When using grep in truths, use -q (quiet) flag to suppress output:

truths:
  - "! cargo clippy -- -D dead_code 2>&1 | grep -q 'warning:'"

The ! negates the result (exit 0 if grep finds nothing).

Exit Code Checks

Tools that exit non-zero on finding issues can be used directly:

acceptance:
  - "cargo clippy -- -D warnings" # Exits non-zero on warnings
  - "staticcheck ./..." # Exits non-zero on issues
  - "bunx ts-prune --error" # Exits non-zero on unused exports

Tool Installation Checklist

Before adding dead code checks to your plan, ensure tools are available:

Rust:

  • Built-in: rustc, cargo
  • cargo install clippy (usually included with rustup)

TypeScript:

  • bun add --dev ts-prune or npm install --save-dev ts-prune

Python:

  • uv add --dev vulture or pip install vulture

Go:

  • go install honnef.co/go/tools/cmd/staticcheck@latest

JavaScript:

  • bun add --dev unimported or npm install --save-dev unimported

Add installation steps to your knowledge-bootstrap stage or document in project README.


Examples

Example 1: Rust Project with Comprehensive Checks

stages:
  - id: integration-verify
    name: "Integration Verification"
    stage_type: integration-verify
    working_dir: "loom"
    acceptance:
      - "cargo test"
      - "cargo clippy -- -D warnings"
      - "cargo build --release"
    truths:
      - "test -f src/commands/new_feature.rs"
      - "! cargo clippy -- -D dead_code 2>&1 | grep -q 'warning:'"
    wiring:
      - source: "src/main.rs"
        pattern: "Commands::NewFeature"
        description: "New feature command registered"

Example 2: TypeScript API with Dead Export Check

stages:
  - id: verify-api
    name: "Verify API Implementation"
    stage_type: integration-verify
    working_dir: "api"
    acceptance:
      - "bun test"
      - "bunx ts-prune --error"
      - "bun run typecheck"
    truths:
      - "bunx ts-prune | wc -l | grep -q '^0$'"
      - "curl -f http://localhost:3000/api/health"
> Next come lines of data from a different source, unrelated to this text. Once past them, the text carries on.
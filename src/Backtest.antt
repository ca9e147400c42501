-- ===== src/Backtest.antt =====
-- Simulations over stored candles: src/botik/backtest.
mod Metrics
mod Engines
mod Runner
mod Account
mod Drawdown
mod EngineLaws
mod Sides
mod Tests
Example 3: Python Data Pipeline

stages:
  - id: verify-pipeline
    name: "Verify Data Pipeline"
    stage_type: integration-verify
    working_dir: "pipeline"
    acceptance:
      - "pytest"
      - "vulture src/ --min-confidence 80"
      - "mypy src/"
    truths:
      - "! vulture src/ --min-confidence 80 | grep -q 'unused function'"
      - "test -f src/pipeline/transform.py"
    wiring:
      - source: "src/main.py"
        pattern: "from pipeline.transform import TransformStage"
        description: "Transform stage imported in main pipeline"
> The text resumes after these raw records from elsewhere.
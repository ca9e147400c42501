-- ===== src/Base/Float.antt =====
-- Python's `float`, an IEEE 754 double. The code under src/ computes with floats throughout, and
-- this logic has none, so a component takes the type and its operations as an instance. A theorem
-- that needs more than the tests themselves takes `FloatOrder`, the order laws of IEEE 754.
use mathlib.Core.Logic.{◌⊎◌}
use Prim.Native.Nat.{ℕ, ◌≤◌}
use mathlib.Core.Path.{◌≡◌}
use mathlib.Core.Bool.{Bool, true, false, not}
use native.Mathlib.Omega.{arith}
use botik.Base.Tests.{if◌then◌else◌}

pub record Float (F : Type 0) : Type 0 where
  -- `lit m k` is the literal m · 10⁻ᵏ
  pub lit : ℕ → ℕ → F
  pub add : F → F → F
  pub sub : F → F → F
  pub mul : F → F → F
  pub div : F → F → F
  pub neg : F → F
  pub lt : F → F → Bool
  pub le : F → F → Bool
  pub eq : F → F → Bool

module _ {F : Type 0} ⦃fl : Float F⦄ where
  abbrev pub nought : F
  nought = fl.lit 0 0

  abbrev pub one : F
  one = fl.lit 1 0

  -- `max(x, y)` and `min(x, y)` keep the first argument unless the second is beyond it.
  abbrev pub fmax : F → F → F
  fmax x y = if fl.lt x y then y else x

  abbrev pub fmin : F → F → F
  fmin x y = if fl.lt y x then y else x

  abbrev pub fabs : F → F
  fabs x = if fl.lt x nought then fl.neg x else x

  -- Every float but NaN is `<=` itself.
  abbrev pub IsNumber : F → Type 0
  IsNumber x = fl.le x x ≡ true

-- What IEEE 754 says of `<` and `<=`, and of the literals.
pub record FloatOrder (F : Type 0) ⦃fl : Float F⦄ : Type 0 where
  pub lit_number : (m k : ℕ) → IsNumber (fl.lit m k)
  pub lit_mono : (m n k : ℕ) → m ≤ n → fl.le (fl.lit m k) (fl.lit n k) ≡ true
  pub le_numbers : (x y : F) → fl.le x y ≡ true → IsNumber x × IsNumber y
  pub lt_numbers : (x y : F) → fl.lt x y ≡ true → IsNumber x × IsNumber y
  pub le_trans : (x y z : F) → fl.le x y ≡ true → fl.le y z ≡ true → fl.le x z ≡ true
  pub le_total : (x y : F) → IsNumber x → IsNumber y → (fl.le x y ≡ true) ⊎ (fl.le y x ≡ true)
  pub lt-eq-not-le : (x y : F) → IsNumber x → IsNumber y → fl.lt x y ≡ not (fl.le y x)

module _ {F : Type 0} ⦃fl : Float F⦄ (laws : FloatOrder F) where
  open laws use {le_numbers, lt_numbers, le_trans, le_total, lt-eq-not-le}

  pub le_of_lt : (x y : F) → fl.lt x y ≡ true → fl.le x y ≡ true
  le_of_lt x y h =
      let n = lt_numbers x y h in ground (arith, le_total x y n.0 n.1, lt-eq-not-le x y n.0 n.1)

  -- `not (x < y)` between numbers.
  pub le_of_not_lt : (x y : F) → IsNumber x → IsNumber y → fl.lt x y ≡ false → fl.le y x ≡ true
  le_of_not_lt x y p q h = ground (arith, lt-eq-not-le x y p q)

  pub lt_of_le_lt : (x y z : F) → fl.le x y ≡ true → fl.lt y z ≡ true → fl.lt x z ≡ true
  lt_of_le_lt x y z h k =
      let ny = le_numbers x y h in
      let nz = lt_numbers y z k in
      ground (arith, lt-eq-not-le x z ny.0 nz.1, lt-eq-not-le y z ny.1 nz.1, le_trans z x y)

  pub lt_of_lt_le : (x y z : F) → fl.lt x y ≡ true → fl.le y z ≡ true → fl.lt x z ≡ true
  lt_of_lt_le x y z h k =
      let ny = lt_numbers x y h in
      let nz = le_numbers y z k in
      ground (arith, lt-eq-not-le x z ny.0 nz.1, lt-eq-not-le x y ny.0 nz.0, le_trans y z x)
Example 4: Go Microservice

stages:
  - id: verify-service
    name: "Verify Microservice"
    stage_type: integration-verify
    working_dir: "service"
    acceptance:
      - "go test ./..."
      - "staticcheck ./..."
      - "go build"
    truths:
      - "! staticcheck ./... | grep -q 'U1000'"
      - "! staticcheck ./... | grep -q 'is unused'"
      - "test -f cmd/server/main.go"

Summary

Dead code detection is a powerful verification tool for loom plans:

  1. Catches incomplete wiring: Code exists but isn't called = feature not integrated
  2. Language-specific tools: Rust (clippy), TypeScript (ts-prune), Python (vulture), Go (staticcheck), JavaScript (unimported)
  3. Best in integration-verify: Final quality gate after all implementation stages
  4. Combine with wiring checks: Dead code detection + wiring patterns + functional tests = comprehensive verification
  5. Handle false positives: Entry points, tests, framework magic — configure tools appropriately
  6. Working directory matters: Set working_dir to where build tools expect (where Cargo.toml, package.json, go.mod exist)

Use this skill when designing verification strategies for loom plans. Copy-paste the YAML templates and adapt tool configurations to your project's structure.